*** Study material ***
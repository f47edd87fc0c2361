-- ===== src/TimerHeap/Unlink.antt =====
-- The pointer that `timer_heap_extract_min` and `timer_heap_delete` of kernel/timer_heap.c reset: the
-- tree without its last request, whose payload was exchanged with that of another position before.
use picokernel.Prelude.{
  ℕ, ◌+◌, ◌*◌, ◌/◌, ◌%◌, ◌≤◌, ◌<◌, ◌≡◌, refl, ◌≢◌, ◌∙◌, sym, arith, inl, inr, Bool, Bool-cases,
  ◌==◌, if◌then◌else◌, ==_refl, ne→==, false, ==_iff,
}
use picokernel.State.{Ptr, null, Request}
use picokernel.TimerHeap.{unlink_last}
use picokernel.TimerHeap.Layout.{Layout}
use picokernel.TimerHeap.Link.{SamePayloads, placed, placed_old}

pub unlink_last-SamePayloads :
    (h : Ptr → Request) (last : Ptr) → SamePayloads h (unlink_last h last)
unfolding unlink_last
unlink_last-SamePayloads h last = record { work = λ a. ground arith; deadline = λ a. ground arith }

module _ {h : Ptr → Request} {at : ℕ → Ptr} {m : ℕ} (t : Layout h at (m + 1)) (pos : 0 < m) where
  abbrev above : ℕ
  above = (m + 1) / 2

  abbrev even : Bool
  even = (m + 1) % 2 == 0

  left-last : ((h (at above)).left == at (m + 1)) ≡ even
  left-last = elim (Bool-cases even) [
    | inl e ↦
        let twice : 2 * above ≡ m + 1 = ground arith in
        rw (e, t.left above (omega arith) (omega arith), twice, ==_refl (at (m + 1))) refl
    | inr e ↦
        let twice : 2 * above ≡ m = ground arith in
        rw (e, t.left above (omega arith) (omega arith), twice)
          (ne→== (at m) (at (m + 1)) λ same. absurd (
            omega (arith, t.distinct m (m + 1) pos (omega arith) (omega arith) (omega arith) same)))
  ]

  unlink-at :
      (p : ℕ)
      → 0 < p
      → p ≤ m
      → unlink_last h (at (m + 1)) (at p) ≡ (
          if p == above
          then (if even
              then record (h (at p)) { left = null }
              else record (h (at p)) { right = null })
          else h (at p))
  unfolding unlink_last
  unlink-at p lo hi =
      let up : (h (at (m + 1))).parent ≡ at above = t.parent (m + 1) (omega arith) (omega arith) in
      let here : (at above == null) ≡ false =
        ne→== _ _ (t.inside above (omega arith) (omega arith)) in
      elim (Bool-cases (p == above)) [
        | inl e ↦
            let e' : p ≡ above = (==_iff p above).0 e in
            rw (e', ==_refl above, up, here, left-last)
              (elim (Bool-cases even) [
                | inl b ↦ rw (b, ==_refl (at above)) refl
                | inr b ↦ rw (b, ==_refl (at above)) refl
              ])
        | inr other ↦
            let far : (at p == at above) ≡ false = ne→== _ _ λ same. cc (
              other,
              (==_iff p above).1
                  (t.distinct p above lo (omega arith) (omega arith) (omega arith) same),
            ) in
            rw (other, up, here, left-last)
              (elim (Bool-cases even) [ inl b ↦ rw (b, far) refl | inr b ↦ rw (b, far) refl ])
      ]

  -- The positions without the last one.
  abbrev pub fewer : ℕ → Ptr
  fewer = placed at (m + 1) null

  old : (p : ℕ) → p ≢ m + 1 → fewer p ≡ at p
  old = placed_old at (m + 1) null

  fewer_if : (p : ℕ) → fewer p ≡ (if p == m + 1 then null else at p)
  unfolding placed
  fewer_if p = refl

  pub unlink-Layout : Layout (unlink_last h (at (m + 1))) fewer m
  unlink-Layout = record {
    inside = λ p lo hi. rw (old p (omega arith)) (t.inside p lo (omega arith));
    above = old 0 (omega arith) ∙ t.above;
    outside = λ p out. rw (fewer_if p) (ground (arith, t.outside p));
    left = λ p lo hi.
        rw (old p (omega arith), fewer_if (2 * p), unlink-at p lo hi)
          (ground (arith, t.left p lo (omega arith)));
    right = λ p lo hi.
        rw (old p (omega arith), fewer_if (2 * p + 1), unlink-at p lo hi)
          (ground (arith, t.right p lo (omega arith)));
    parent = λ p lo hi.
        rw (old p (omega arith), old (p / 2) (omega arith), unlink-at p lo hi)
          (ground (arith, t.parent p lo (omega arith)));
    distinct = λ p q p0 p1 q0 q1 e.
        t.distinct p q p0 (omega arith) q0 (omega arith)
          (sym (old p (omega arith)) ∙ e ∙ old q (omega arith));
  }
***
Using the entries above, work out how many lines contain the string "distinct". Respond with that number alone.

4